> **TASK OBJECTIVE**:
Each line of the records below that contains "IsLibrary" needs to be copied.

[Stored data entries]
[Start of section]

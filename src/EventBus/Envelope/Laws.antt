-- ===== src/EventBus/Envelope/Laws.antt =====
-- What sdk/pkg/eventbus/envelope.go makes of an envelope's bytes and of the other sources of an id.
use jxt_core.Base.{
  is_empty, String, str_eq, eq_iff, ◌≡◌, refl, ap, sym, ◌∙◌, true, false, none, some, List,
  string_eq, arith, Bool-cases, Option-cases, inl, inr,
}
use jxt_core.Outbox.Event.{Error}
use jxt_core.Outbox.Repository.{ok, err}
use jxt_core.EventBus.Envelope.Defs.{
  Bytes, Envelope, Library, IsLibrary, IsCopy, is_blank, validate, to_bytes, checked, validated,
  from_bytes, id_of_envelope, extract_aggregate_id,
}

module _ (l : Library) (laws : IsLibrary l) where
  -- Validation reads no more than decoding keeps.
  validate-copy : (e e' : Envelope) → IsCopy e e' → validate l e' ≡ validate l e
  unfolding validate
  validate-copy e e' (same_id, same_aggregate, same_type, same_version, same_tenant, same_payload) =
      simp (same_id, same_aggregate, same_type, same_version, same_payload) refl

  validate-named : (e : Envelope) → validate l e ≡ none → is_blank l e.aggregate_id ≡ false
  unfolding validate
  validate-named e h = ground (arith, h)

  validate-full : (e : Envelope) → validate l e ≡ none → str_eq e.aggregate_id "" ≡ false
  validate-full e h = elim (Bool-cases (str_eq e.aggregate_id "")) [
    | inr full ↦ full
    | inl missing ↦ absurd (ground (arith, blank missing, validate-named e h))
  ]
    where
      blank : str_eq e.aggregate_id "" ≡ true → is_blank l e.aggregate_id ≡ true
      blank missing =
          ap (is_blank l) ((eq_iff e.aggregate_id "").0 missing)
          ∙ ap (λ s. str_eq s "") laws.trim_empty

  pub to_bytes-valid : (e : Envelope) → validate l e ≡ none → to_bytes l e ≡ l.marshal e
  unfolding to_bytes
  to_bytes-valid e valid = simp (valid, to_bytes) refl

  to_bytes-invalid :
      (e : Envelope) (problem : Error) → validate l e ≡ some problem → to_bytes l e ≡ err problem
  unfolding to_bytes
  to_bytes-invalid e problem bad = simp (bad, to_bytes) refl

  to_bytes-ok :
      (e : Envelope) (b : Bytes)
      → to_bytes l e ≡ ok b
      → (validate l e ≡ none) × (l.marshal e ≡ ok b)
  to_bytes-ok e b h = elim (Option-cases (validate l e)) [
    | inl valid ↦ (valid, sym (to_bytes-valid e valid) ∙ h)
    | inr (problem, bad) ↦ absurd (ground (arith, h, to_bytes-invalid e problem bad))
  ]

  from_bytes-valid :
      (b : Bytes) (e : Envelope)
      → l.unmarshal b ≡ ok e
      → validate l e ≡ none
      → from_bytes l b ≡ ok e
  unfolding from_bytes validated
  from_bytes-valid b e decoded valid = ap (validated l) decoded ∙ ap (λ o. checked l o e) valid

  -- The bytes of a valid envelope are decoded again, to an envelope with the same ids, type, version and
  -- tenant.
  from_bytes-to_bytes :
      (e : Envelope) (b : Bytes)
      → to_bytes l e ≡ ok b
      → (e' : Envelope) × (from_bytes l b ≡ ok e') × IsCopy e e'
  from_bytes-to_bytes e b h =
      let (valid, made) = to_bytes-ok e b h in
      let (e', decoded, copy) = laws.unmarshal-marshal e b made in
      (e', from_bytes-valid b e' decoded (validate-copy e e' copy ∙ valid), copy)

  id_of_envelope-found :
      (b : Bytes) (e : Envelope)
      → is_empty b ≡ false
      → from_bytes l b ≡ ok e
      → str_eq e.aggregate_id "" ≡ false
      → id_of_envelope l b ≡ some e.aggregate_id
  unfolding id_of_envelope
  id_of_envelope-found b e full decoded named =
      simp (full, id_of_envelope, decoded) (simp named refl)

  extract_aggregate_id-envelope :
      (b : Bytes) (headers : List (String × String)) (key subject id : String)
      → id_of_envelope l b ≡ some id
      → extract_aggregate_id l b headers key subject ≡ ok id
  unfolding extract_aggregate_id
  extract_aggregate_id-envelope b headers key subject id h = simp (h, extract_aggregate_id) refl

  -- The bytes of an envelope that ToBytes accepts are decoded by FromBytes, to an envelope with the same
  -- ids, type, version and tenant, and their aggregate's id is the envelope's, whatever the headers, the
  -- Kafka key and the NATS subject say.
  pub extract_aggregate_id-to_bytes :
      (e : Envelope) (b : Bytes) (headers : List (String × String)) (key subject : String)
      → to_bytes l e ≡ ok b
      → ((e' : Envelope) × (from_bytes l b ≡ ok e') × IsCopy e e')
        × (extract_aggregate_id l b headers key subject ≡ ok e.aggregate_id)
  extract_aggregate_id-to_bytes e b headers key subject h =
      let (valid, made) = to_bytes-ok e b h in
      let (e', decoded, copy) = from_bytes-to_bytes e b h in
      (
        (e', decoded, copy),
        extract_aggregate_id-envelope b headers key subject e.aggregate_id (
            id_of_envelope-found b e' (laws.marshal_full e b made) decoded
              (ap (λ s. str_eq s "") copy.1 ∙ validate-full e valid)
            ∙ ap some copy.1),
      )
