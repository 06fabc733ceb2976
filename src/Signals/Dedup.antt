-- ===== src/Signals/Dedup.antt =====
-- What the deduplicator (dedup.py) promises to `create_signal`.
use ratatoskr_v.Base.{
  ◌+◌, ◌*◌, ◌≤◌, ◌<◌, ◌≡◌, ◌≢◌, ◌⊎◌, Bool, true, false, Option, none, some, List, [], ◌∷◌, ◌++◌,
  arith, find, is_some,
}
use ratatoskr_v.Domain.{
  Uid, Symbol, Time, minute, Side, SignalType, Source, Market, Timeframe, is_exit,
}
use ratatoskr_v.Signals.{Signal, Table, Owner, Config, is_match, find_duplicate, timeframe_minutes}
use ratatoskr_v.Signals.Service.{
  is_strategy, get_window_start, is_duplicate, new_signal, insert_signal, create_signal,
  insert_fields, Request,
}

find-append_hit :
    (p : Signal → Bool) (t : Table) (s : Signal) → p s ≡ true → find p (t ++ s ∷ []) ≢ none
find-append_hit p [] s h = ground arith
find-append_hit p (x ∷ t) s h = ground (arith, find-append_hit p t s h)

module _ (c : Config) (m : Market) (strategy : Uid) (symbol : Symbol) (side : Side)
    (signal_type : SignalType) (source : Source) (timeframe : Timeframe) where
  -- Exits, and signals of the user, of the safety monitor and of the system, are always inserted.
  insert_signal-bypass :
      (new_id : Uid) (now ts : Time) (t : Table)
      → (is_exit signal_type ≡ true) ⊎ (is_strategy source ≡ false)
      → is_some
          (insert_signal c new_id now m strategy symbol side signal_type source timeframe ts t).0
        ≡ true
  unfolding insert_signal is_duplicate
  insert_signal-bypass new_id now ts t h = ground arith

  abbrev row : Uid → Time → Time → Signal
  row new_id now ts = new_signal c new_id now m strategy symbol side signal_type source timeframe ts

  -- A row of these fields, created at or after the start of the window, is a match.
  new_signal-is_match :
      (new_id : Uid) (now ts start : Time)
      → start ≤ now
      → is_match strategy symbol side signal_type start (row new_id now ts) ≡ true
  unfolding new_signal
  new_signal-is_match new_id now ts start h = ground arith

  is_duplicate_found :
      (ts' : Time) (t : Table)
      → is_exit signal_type ≡ false
      → is_strategy source ≡ true
      → 0 < c.dedup_window_bars
      → find_duplicate strategy symbol side signal_type
          (get_window_start ts' timeframe c.dedup_window_bars)
          t
        ≢ none
      → is_duplicate c strategy symbol side signal_type source timeframe ts' t ≢ none
  unfolding is_duplicate
  is_duplicate_found ts' t h1 h2 h3 found = ground arith

  -- An entry of a strategy that was inserted at `now` blocks a second one whose window starts by
  -- then.
  pub insert_signal-repeat :
      (new_id next_id : Uid) (now then_ ts ts' : Time) (t : Table)
      → is_exit signal_type ≡ false
      → is_strategy source ≡ true
      → 0 < c.dedup_window_bars
      → ts' ≤ now + timeframe_minutes timeframe * c.dedup_window_bars * minute
      → let (made, u) =
          insert_signal c new_id now m strategy symbol side signal_type source timeframe ts t in
        is_some made ≡ true
        → insert_signal c next_id then_ m strategy symbol side signal_type source timeframe ts' u
          ≡ (none, u)
  unfolding insert_signal find_duplicate get_window_start
  insert_signal-repeat new_id next_id now then_ ts ts' t h1 h2 h3 h4 made =
      let u = t ++ row new_id now ts ∷ [] in
      let start = get_window_start ts' timeframe c.dedup_window_bars in
      let hit =
        find-append_hit (is_match strategy symbol side signal_type start) t (row new_id now ts)
          (new_signal-is_match new_id now ts start (omega arith)) in
      ground (arith, is_duplicate_found ts' u h1 h2 h3 hit)

-- The same request, at another time.
abbrev pub at_time : Time → Request → Request
at_time ts r = record r { ts = some ts }

insert_fields-repeat :
    (c : Config) (m : Market) (new_id next_id : Uid) (now then_ ts' : Time) (strategy : Option Uid)
    (symbol : Option Symbol) (side : Option Side) (signal_type : Option SignalType)
    (source : Option Source) (timeframe : Option Timeframe) (ts : Option Time) (t : Table)
    {kind : SignalType} {tf : Timeframe}
    → signal_type ≡ some kind
    → is_exit kind ≡ false
    → source ≡ some Source.strategy
    → timeframe ≡ some tf
    → 0 < c.dedup_window_bars
    → ts' ≤ now + timeframe_minutes tf * c.dedup_window_bars * minute
    → let (made, u) =
        insert_fields c new_id now m strategy symbol side signal_type source timeframe ts t in
      is_some made ≡ true
      → insert_fields c next_id then_ m strategy symbol side signal_type source timeframe
          (some ts')
          u
        ≡ (none, u)
insert_fields-repeat c m new_id next_id now then_ ts' (some strategy) (some symbol) (some side)
      (some signal_type) (some source) (some timeframe) (some ts) t {kind} {tf} e1 h1 e2 e3 h2 h3
      made =
    insert_signal-repeat c m strategy symbol side signal_type source timeframe new_id next_id now
      then_ ts ts' t (ground arith) (ground arith) h2 (let e : timeframe ≡ tf = cc in rw e h3) made
insert_fields-repeat c m new_id next_id now then_ ts' _ _ _ _ _ _ _ t e1 h1 e2 e3 h2 h3 made = cc

-- A strategy's entry or scale-in that was created at `now` blocks the same request at any later
-- signal time within the window: it creates nothing.
pub create_signal-repeat :
    (c : Config) (owners : List Owner) (new_id next_id : Uid) (now then_ ts' : Time) (r : Request)
    (t : Table) {kind : SignalType} {tf : Timeframe}
    → r.signal_type ≡ some kind
    → is_exit kind ≡ false
    → r.source ≡ some Source.strategy
    → r.timeframe ≡ some tf
    → 0 < c.dedup_window_bars
    → ts' ≤ now + timeframe_minutes tf * c.dedup_window_bars * minute
    → is_some (create_signal c owners new_id now r t).0 ≡ true
    → let u = (create_signal c owners new_id now r t).1 in
      create_signal c owners next_id then_ (at_time ts' r) u ≡ (none, u)
unfolding create_signal
create_signal-repeat c owners new_id next_id now then_ ts' r t {kind} {tf} e1 h1 e2 e3 h2 h3 made =
    ground (
      arith,
      insert_fields-repeat c r.market new_id next_id now then_ ts' r.strategy_id r.symbol r.side
          r.signal_type r.source r.timeframe r.ts t {kind = kind} {tf = tf} e1 h1 e2 e3 h2 h3,
    )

[End of section]

> **RESULT FOR THIS EXERCISE**:
  Bytes, Envelope, Library, IsLibrary, IsCopy, is_blank, validate, to_bytes, checked, validated,
module _ (l : Library) (laws : IsLibrary l) where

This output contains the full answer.